With these substitutions, we introduce

$$\begin{aligned} \mathbf {F}_{m,\mathbb {R}}&:= \big \{ (\delta _1,\delta _2,x_1,y_1,\ldots ,x_m,y_m) \in \mathbb {R}^{2m+2}: \\&\qquad \quad \delta _1^2 +\delta _2^2 = 1,\ x_j^2 + y_j^2 \le 1,\ j=1,\ldots ,m \big \} \end{aligned}$$

and

$$\begin{aligned} \mathcal {L}_{m}: \ \mathbf {F}_{m,\mathbb {R}} \rightarrow \mathbf {A}\end{aligned}$$

and as above, \(\mathcal {L}_{m}(\mathbf {F}_{m,\mathbb {R}}) \subset \mathbf {A}_1\).

Let \(U_\ell \) and \(V_\ell \) be the following polynomials

$$\begin{aligned} \mathcal {L}_m : \ (\delta _1,\delta _2,x_1,y_1, \ldots , x_m,y_m) \mapsto (U_m,\ldots ,U_1,U_0,V_m,\ldots ,V_1,V_0) \end{aligned}$$

where \(U_\ell ,V_\ell \in \mathbb {R}[\delta _1,\delta _2,x_1,y_1,\ldots ,x_m,y_m]\), and actually

$$\begin{aligned} U_\ell (\delta _1,\delta _2,x_1,y_1,\ldots ,x_m,y_m)&= p_\ell (\delta _1+i \delta _2, x_1+i y_1,\ldots ,x_m + i y_m), \end{aligned}$$
(17)
$$\begin{aligned} V_\ell (\delta _1,\delta _2,x_1,y_1,\ldots ,x_m,y_m)&= q_\ell (\delta _1+i \delta _2, x_1+i y_1,\ldots ,x_m + i y_m), \end{aligned}$$
(18)

for \(\ell =0,1,\ldots ,m\). Note that for \(\ell =0,1,\ldots ,m\)

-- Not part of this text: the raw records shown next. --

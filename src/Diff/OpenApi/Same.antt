-- ===== src/Diff/OpenApi/Same.antt =====
-- `diff_openapi` of openapi.py on a document and itself.
use living_api_contract_guar.Common.{
  String, Bool, true, false, Option, none, some, List, [], ◌∷◌, ◌≡◌, refl, arith, get_or,
  string_key, pair_key, beq_refl, Option-cases, inl, inr,
}
use living_api_contract_guar.Common.Dict.{Dict, get, in_both}
use living_api_contract_guar.Common.Text.{◌<>◌}
use living_api_contract_guar.Json.Value.{Value, str, as_dict, as_list, get_value, truthy}
use living_api_contract_guar.Diff.Models.Limits.{validated-some}
use living_api_contract_guar.Diff.Models.{RawChange}
use living_api_contract_guar.Diff.OpenApi.Reading.{
  paths, operations, component_schemas, params_by_key, param_type, request_body_schema,
  request_body_required, response_schema,
}
use living_api_contract_guar.Diff.OpenApi.Schema.{request_body, response}
use living_api_contract_guar.Diff.OpenApi.Operation.{
  Params, param_required_change, param_type_change, param_kept, param_changes, body_required_change,
  walk_params, walk_body, response_kept, walk_responses, walk_operation,
}
use living_api_contract_guar.Diff.OpenApi.Paths.{
  Operations, operation_at, walk_path_item, path_kept, walk_paths, component_kept, walk_components,
  walk_openapi, diff_openapi,
}
use living_api_contract_guar.Diff.OpenApi.Quiet.{
  only_in_self, collect_nothing, IsQuiet, some-IsQuiet, then-IsQuiet, yield_each-IsQuiet,
  enum_changes_self, diff_schema_self, unless_both_empty-IsQuiet,
}

param_required_change_self :
    (path method : String) (key : String × String) (b : Bool)
    → param_required_change path method key b b ≡ []
unfolding param_required_change
param_required_change_self path method key true = refl
param_required_change_self path method key false = refl

param_type_change_self :
    (path method : String) (key : String × String) (o : Option String)
    → param_type_change path method key o o ≡ []
unfolding param_type_change
param_type_change_self path method key none = refl
param_type_change_self path method key (some t) = rw (beq_refl t)

body_required_change_self :
    (path method : String) (b : Bool) → body_required_change path method b b ≡ []
unfolding body_required_change
body_required_change_self path method true = refl
body_required_change_self path method false = refl

param_kept_self :
    (path method : String) (params : Params) (key : String × String)
    → param_kept path method params params key ≡ []
unfolding param_kept
param_kept_self path method params key =
    let param = get_or (get key params) [] in
    rw (
      param_required_change_self path method key (truthy (get_value "required" param)),
      param_type_change_self path method key (param_type param),
    )

param_changes_self :
    (path method : String) (params : Params) → param_changes path method params params ≡ []
unfolding param_changes
param_changes_self path method params = rw (only_in_self params) (
    collect_nothing (param_kept path method params params) (in_both params params)
      (param_kept_self path method params))

module _ (repr : Value → String) (spec : Dict String Value) (path method : String)
    (op : Dict String Value) where
  walk_params_self : IsQuiet (walk_params repr spec spec path method op op)
  unfolding walk_params
  walk_params_self cs e = elim (Option-cases (params_by_key repr op)) [
    | inl n ↦ ground arith
    | inr (params, q) ↦ ground (arith, param_changes_self path method params)
  ]

  walk_body_self : IsQuiet (walk_body repr spec spec path method op op)
  unfolding walk_body
  walk_body_self =
      then-IsQuiet _ _
        (unless_both_empty-IsQuiet repr (request_body_schema spec op) _
          (diff_schema_self repr request_body _ (request_body_schema spec op)))
        (some-IsQuiet _ (body_required_change_self path method (request_body_required op)))

  response_kept_self :
      (code : String) → IsQuiet (response_kept repr spec spec path method op op code)
  unfolding response_kept
  response_kept_self code =
      unless_both_empty-IsQuiet repr (response_schema spec op code) _
        (diff_schema_self repr response _ (response_schema spec op code))

  walk_responses_self : IsQuiet (walk_responses repr spec spec path method op op)
  unfolding walk_responses
  walk_responses_self =
      let responses : Dict String Value = as_dict (get_value "responses" op) in
      then-IsQuiet _ _ (some-IsQuiet _ (rw (only_in_self responses))) (
        then-IsQuiet _ _ (some-IsQuiet _ (rw (only_in_self responses))) (
          yield_each-IsQuiet (response_kept repr spec spec path method op op)
            (in_both responses responses) response_kept_self))

  walk_operation_self : IsQuiet (walk_operation repr spec spec path method op op)
  unfolding walk_operation
  walk_operation_self =
      then-IsQuiet _ _ walk_params_self (then-IsQuiet _ _ walk_body_self walk_responses_self)

module _ (repr : Value → String) (spec : Dict String Value) where
  walk_path_item_self :
      (path : String) (ops : Operations) → IsQuiet (walk_path_item repr spec spec path ops ops)
  unfolding walk_path_item
  walk_path_item_self path ops = then-IsQuiet _ _ (some-IsQuiet _ (rw (only_in_self ops))) (
      then-IsQuiet _ _ (some-IsQuiet _ (rw (only_in_self ops))) (
        yield_each-IsQuiet _ (in_both ops ops)
          (λ method. walk_operation_self repr spec path method (operation_at method ops))))

  walk_paths_self : IsQuiet (walk_paths repr spec spec)
  unfolding walk_paths path_kept
  walk_paths_self = then-IsQuiet _ _ (some-IsQuiet _ (rw (only_in_self (paths spec)))) (
      then-IsQuiet _ _ (some-IsQuiet _ (rw (only_in_self (paths spec)))) (
        yield_each-IsQuiet _ (in_both (paths spec) (paths spec))
          (λ path. walk_path_item_self path (operations (as_dict (get_value path (paths spec)))))))

  component_kept_self : (name : String) → component_kept repr spec spec name ≡ []
  unfolding component_kept
  component_kept_self name =
      enum_changes_self repr ("/components/schemas/" <> name <> "/enum") (("schema", str name) ∷ [])
        (as_list (get_value "enum" (as_dict (get_value name (component_schemas spec)))))

  walk_components_self : walk_components repr spec spec ≡ []
  unfolding walk_components
  walk_components_self =
      collect_nothing (component_kept repr spec spec)
        (in_both (component_schemas spec) (component_schemas spec)) component_kept_self

  -- Unless a malformed document makes it raise, `diff_openapi` of a document and itself is empty.
  pub diff_openapi_self : (cs : List RawChange) → diff_openapi repr spec spec ≡ some cs → cs ≡ []
  unfolding diff_openapi walk_openapi
  diff_openapi_self cs h =
      then-IsQuiet _ _ walk_paths_self (some-IsQuiet _ walk_components_self) cs
        (validated-some (walk_openapi repr spec spec) cs h)
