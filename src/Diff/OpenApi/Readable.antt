-- ===== src/Diff/OpenApi/Readable.antt =====
-- The documents that `diff_openapi` of openapi.py can read, and what it returns for them.
use living_api_contract_guar.Common.{
  String, Bool, true, Option, none, some, List, [], ◌∷◌, ◌≡◌, refl, arith, all, ◌&&◌, get_or,
  if◌then◌else◌, string_key, is_some, Option-cases, inl, inr, Bool-cases, ◌==◌,
}
use mathlib.Core.Bool.{false≢true}
use text.Mathlib.TextEquality.{eq_iff}
use living_api_contract_guar.Common.Dict.{Dict, get, in_both}
use living_api_contract_guar.Common.Text.{◌<>◌}
use living_api_contract_guar.Json.Value.{Value, null, as_dict, get_value}
use living_api_contract_guar.Diff.Models.{RawChange}
use living_api_contract_guar.Diff.Raising.{◌then◌, yield_each}
use living_api_contract_guar.Diff.OpenApi.Reading.{
  required_names, paths, operations, params_by_key, request_body_schema, response_schema, iterate,
}
use living_api_contract_guar.Diff.OpenApi.Schema.{Side, request_body, response, diff_schema}
use living_api_contract_guar.Diff.OpenApi.Operation.{
  op_location, unless_both_empty, walk_params, walk_body, response_kept, walk_responses,
  walk_operation,
}
use living_api_contract_guar.Diff.OpenApi.Paths.{
  Operations, operation_at, walk_path_item, path_kept, walk_paths, walk_openapi,
}

-- A schema's `required` is a list of hashable values, or text, a dict, or falsy.
abbrev pub readable_schema : Dict String Value → Bool
readable_schema schema = is_some (required_names schema)

abbrev pub readable_responses : Dict String Value → Dict String Value → Dict String Value → Bool
readable_responses spec op [] = true
readable_responses spec op ((code, block) ∷ responses) =
    readable_schema (response_schema spec op code) && readable_responses spec op responses

-- The parameters can be iterated, and the schemas of the bodies are readable.
abbrev pub readable_operation : Dict String Value → Dict String Value → Bool
readable_operation spec op =
    is_some (iterate (get_value "parameters" op))
    && readable_schema (request_body_schema spec op)
    && readable_responses spec op (as_dict (get_value "responses" op))

abbrev pub readable_operations : Dict String Value → Operations → Bool
readable_operations spec ops = all (λ p. readable_operation spec p.1) ops

abbrev readable_item : Dict String Value → Value → Bool
readable_item spec item = readable_operations spec (operations (as_dict item))

-- Every operation of the document is readable.
abbrev pub readable : Dict String Value → Bool
readable spec = all (λ p. readable_item spec p.1) (paths spec)

-- A walker that raises nothing.
abbrev Returns : Option (List RawChange) → Type 0
Returns m = is_some m ≡ true

is_some-some : (m : Option (List RawChange)) → Returns m → (cs : List RawChange) × (m ≡ some cs)
is_some-some none h = absurd (false≢true h)
is_some-some (some cs) h = (cs, refl)

then-Returns : (m n : Option (List RawChange)) → Returns m → Returns n → Returns (m then n)
then-Returns m n h k = ground arith

yield_each-Returns :
    (f : String → Option (List RawChange)) (xs : List String)
    → ((x : String) → Returns (f x))
    → Returns (yield_each f xs)
unfolding yield_each
yield_each-Returns f [] h = refl
yield_each-Returns f (x ∷ xs) h =
    then-Returns (f x) (yield_each f xs) (h x) (yield_each-Returns f xs h)

module _ (repr : Value → String) where
  diff_schema-Returns :
      (side : Side) (l : String) (before after : Dict String Value)
      → readable_schema before ≡ true
      → readable_schema after ≡ true
      → Returns (diff_schema repr side l before after)
  unfolding diff_schema
  diff_schema-Returns side l before after h k = ground arith

  unless_both_empty-Returns :
      (before after : Dict String Value) (m : Option (List RawChange))
      → Returns m
      → Returns (unless_both_empty before after m)
  unless_both_empty-Returns [] [] m h = refl
  unless_both_empty-Returns [] (e ∷ after) m h = h
  unless_both_empty-Returns (e ∷ before) after m h = h

  schema_step-Returns :
      (side : Side) (l : String) (before after : Dict String Value)
      → readable_schema before ≡ true
      → readable_schema after ≡ true
      → Returns (unless_both_empty before after (diff_schema repr side l before after))
  schema_step-Returns side l before after h k =
      unless_both_empty-Returns before after (diff_schema repr side l before after)
        (diff_schema-Returns side l before after h k)

response_at :
    (spec op responses : Dict String Value) (code : String) (block : Value)
    → readable_responses spec op responses ≡ true
    → get code responses ≡ some block
    → readable_schema (response_schema spec op code) ≡ true
unfolding get
response_at spec op [] code block h e = cc
response_at spec op ((c, b) ∷ rest) code block h e =
    ground (arith, eq_iff c code, response_at spec op rest code block)

no_response_at :
    (spec op : Dict String Value) (code : String)
    → get code (as_dict (get_value "responses" op)) ≡ none
    → readable_schema (response_schema spec op code) ≡ true
unfolding response_schema required_names
no_response_at spec op code e = rw e refl

any_response :
    (spec op : Dict String Value) (code : String)
    → readable_operation spec op ≡ true
    → readable_schema (response_schema spec op code) ≡ true
any_response spec op code h = elim (Option-cases (get code (as_dict (get_value "responses" op)))) [
  | inl e ↦ no_response_at spec op code e
  | inr (block, e) ↦
      response_at spec op (as_dict (get_value "responses" op)) code block (ground arith) e
]

no_operation : (spec : Dict String Value) → readable_operation spec [] ≡ true
unfolding required_names request_body_schema as_dict get_value iterate
no_operation spec = refl

-- A test that holds of every value of a dict, and of the default, holds of what is read.
all-get_or :
    {V : Type 0} (ok : V → Bool) (d : V) (k : String) (xs : Dict String V)
    → ok d ≡ true
    → all (λ p. ok p.1) xs ≡ true
    → ok (get_or (get k xs) d) ≡ true
unfolding get
all-get_or ok d k [] h a = h
all-get_or ok d k ((j, v) ∷ xs) h a = elim (Bool-cases (j == k)) [
  | inl e ↦ rw e (ground arith)
  | inr e ↦ rw e (all-get_or ok d k xs h (ground arith))
]

any_operation :
    (spec : Dict String Value) (ops : Operations) (method : String)
    → readable_operations spec ops ≡ true
    → readable_operation spec (operation_at method ops) ≡ true
any_operation spec ops method h =
    all-get_or (readable_operation spec) [] method ops (no_operation spec) h

any_item :
    (spec : Dict String Value) (path : String)
    → readable spec ≡ true
    → readable_item spec (get_value path (paths spec)) ≡ true
unfolding get_value operations as_dict
any_item spec path h = all-get_or (readable_item spec) null path (paths spec) refl h

module _ (repr : Value → String) (before_spec after_spec : Dict String Value) (path method : String)
    (before_op after_op : Dict String Value)
    (before_ok : readable_operation before_spec before_op ≡ true)
    (after_ok : readable_operation after_spec after_op ≡ true) where
  walk_params-Returns :
      Returns (walk_params repr before_spec after_spec path method before_op after_op)
  unfolding walk_params params_by_key
  walk_params-Returns = ground arith

  walk_body-Returns : Returns (walk_body repr before_spec after_spec path method before_op after_op)
  unfolding walk_body
  walk_body-Returns =
      then-Returns _ _
        (schema_step-Returns repr request_body (op_location path method <> "/requestBody")
          (request_body_schema before_spec before_op) (request_body_schema after_spec after_op)
          (ground arith) (ground arith))
        refl

  response_kept-Returns :
      (code : String)
      → Returns (response_kept repr before_spec after_spec path method before_op after_op code)
  unfolding response_kept
  response_kept-Returns code =
      schema_step-Returns repr response (op_location path method <> "/responses/" <> code)
        (response_schema before_spec before_op code) (response_schema after_spec after_op code)
        (any_response before_spec before_op code before_ok)
        (any_response after_spec after_op code after_ok)

  walk_responses-Returns :
      Returns (walk_responses repr before_spec after_spec path method before_op after_op)
  unfolding walk_responses
  walk_responses-Returns = ground (
    arith,
    yield_each-Returns (response_kept repr before_spec after_spec path method before_op after_op)
        (in_both (as_dict (get_value "responses" before_op))
          (as_dict (get_value "responses" after_op)))
        response_kept-Returns,
  )

  walk_operation-Returns :
      Returns (walk_operation repr before_spec after_spec path method before_op after_op)
  unfolding walk_operation
  walk_operation-Returns =
      let params = walk_params repr before_spec after_spec path method before_op after_op in
      let body = walk_body repr before_spec after_spec path method before_op after_op in
      let responses = walk_responses repr before_spec after_spec path method before_op after_op in
      then-Returns params (body then responses) walk_params-Returns
        (then-Returns body responses walk_body-Returns walk_responses-Returns)

module _ (repr : Value → String) (before_spec after_spec : Dict String Value)
    (before_ok : readable before_spec ≡ true) (after_ok : readable after_spec ≡ true) where
  path_kept-Returns : (path : String) → Returns (path_kept repr before_spec after_spec path)
  unfolding path_kept walk_path_item
  path_kept-Returns path =
      let before_ops : Operations = operations (as_dict (get_value path (paths before_spec))) in
      let after_ops : Operations = operations (as_dict (get_value path (paths after_spec))) in
      ground (
        arith,
        yield_each-Returns
            (λ method.
              walk_operation repr before_spec after_spec path method
                (operation_at method before_ops) (operation_at method after_ops))
            (in_both before_ops after_ops)
            (λ method.
              walk_operation-Returns repr before_spec after_spec path method
                (operation_at method before_ops) (operation_at method after_ops)
                (any_operation before_spec before_ops method (any_item before_spec path before_ok))
                (any_operation after_spec after_ops method (any_item after_spec path after_ok))),
      )

  walk_paths-Returns : Returns (walk_paths repr before_spec after_spec)
  unfolding walk_paths
  walk_paths-Returns = ground (
    arith,
    yield_each-Returns (path_kept repr before_spec after_spec)
        (in_both (paths before_spec) (paths after_spec)) path_kept-Returns,
  )

  -- On two readable documents the walkers raise no TypeError: they build a list of changes.
  pub walk_openapi_returns :
      (cs : List RawChange) × (walk_openapi repr before_spec after_spec ≡ some cs)
  unfolding walk_openapi
  walk_openapi_returns =
      is_some-some (walk_openapi repr before_spec after_spec) (ground (arith, walk_paths-Returns))
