-- ===== src/Diff/Proto/Index.antt =====
-- Dicts `{key(f): f for f in fs}` over items whose keys do not repeat.
use living_api_contract_guar.Common.{
  true, false, some, List, [], ◌∷◌, map, ◌≡◌, refl, arith, ◌⊎◌, inl, inr, Key, beq_refl, Some,
}
use living_api_contract_guar.Common.Sets.{elem, distinct}
use living_api_contract_guar.Common.Dict.{Dict, get, put, update, get-put}

module _ {K A : Type 0} ⦃e : Key K⦄ (key : A → K) where
  abbrev pairs : List A → Dict K A
  pairs = map (λ f. (key f, f))

  -- A key without an item keeps what the dict held.
  update_other :
      (d : Dict K A) (fs : List A) (k : K)
      → elem k (map key fs) ≡ false
      → get k (update d (pairs fs)) ≡ get k d
  unfolding update elem
  update_other d [] k h = refl
  update_other d (f ∷ fs) k h =
      ground (arith, update_other (put (key f) f d) fs k, get-put (key f) k f d)

  update_sound :
      (d : Dict K A) (fs : List A) (k : K) (g : A)
      → get k (update d (pairs fs)) ≡ some g
      → (get k d ≡ some g) ⊎ ((key g ≡ k) × Some (λ f. f ≡ g) fs)
  unfolding update
  update_sound d [] k g h = inl h
  update_sound d (f ∷ fs) k g h =
      ground
        (arith, update_sound (put (key f) f d) fs k g, get-put (key f) k f d, e.beq_iff (key f) k)

  update_complete :
      (d : Dict K A) (fs : List A) (g : A)
      → distinct (map key fs) ≡ true
      → Some (λ f. f ≡ g) fs
      → get (key g) (update d (pairs fs)) ≡ some g
  unfolding update distinct
  update_complete d [] g h m = absurd m
  update_complete d (f ∷ fs) g h (inl q) = ground (
    arith,
    update_other (put (key f) f d) fs (key f),
    get-put (key f) (key f) f d,
    beq_refl (key f),
  )
  update_complete d (f ∷ fs) g h (inr m) = update_complete (put (key f) f d) fs g (ground arith) m

-- What one index finds, the other finds under its own key.
pub index_agree :
    {K J A : Type 0} ⦃e : Key K⦄ ⦃i : Key J⦄ (key : A → K) (other : A → J) (fs : List A) (k : K)
    (g : A)
    → distinct (map other fs) ≡ true
    → get k (update [] (map (λ f. (key f, f)) fs)) ≡ some g
    → (key g ≡ k) × (get (other g) (update [] (map (λ f. (other f, f)) fs)) ≡ some g)
unfolding get
index_agree key other fs k g h q = elim (update_sound key [] fs k g q) [
  | inl p ↦ absurd cc
  | inr (p, m) ↦ (p, update_complete other [] fs g h m)
]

$$\begin{aligned} U_\ell ={\left\{ \begin{array}{ll} -2\delta _1 {\text {Re}}(d_\ell ) + 2 \delta _2 {\text {Im}}(d_\ell ), &{}\text { if } m \text { is odd}, \\ 2\delta _1 {\text {Im}}(d_\ell ) +2 \delta _2{\text {Re}}(d_\ell ), &{}\text { if } m \text { is even} \end{array}\right. } \end{aligned}$$
(19)

and

$$\begin{aligned} V_\ell ={\left\{ \begin{array}{ll} 2\delta _1 {\text {Im}}(d_\ell ) +2 \delta _2{\text {Re}}(d_\ell ), &{}\text { if } m \text { is odd}, \\ 2\delta _1 {\text {Re}}(d_\ell ) -2 \delta _2 {\text {Im}}(d_\ell ), &{}\text { if } m \text { is even}. \end{array}\right. } \end{aligned}$$
(20)

where \(d_\ell \) depends on \(a_1,\ldots ,a_m\) while \(U_\ell \) and \(V_\ell \) depend on \(x_1,y_1,\ldots ,x_m,y_m\) but they are connected by (15).

2.5 Applying Cayley Transform on the Interpolation Data

Here we consider the interpolation data and transform it with the Cayley transform.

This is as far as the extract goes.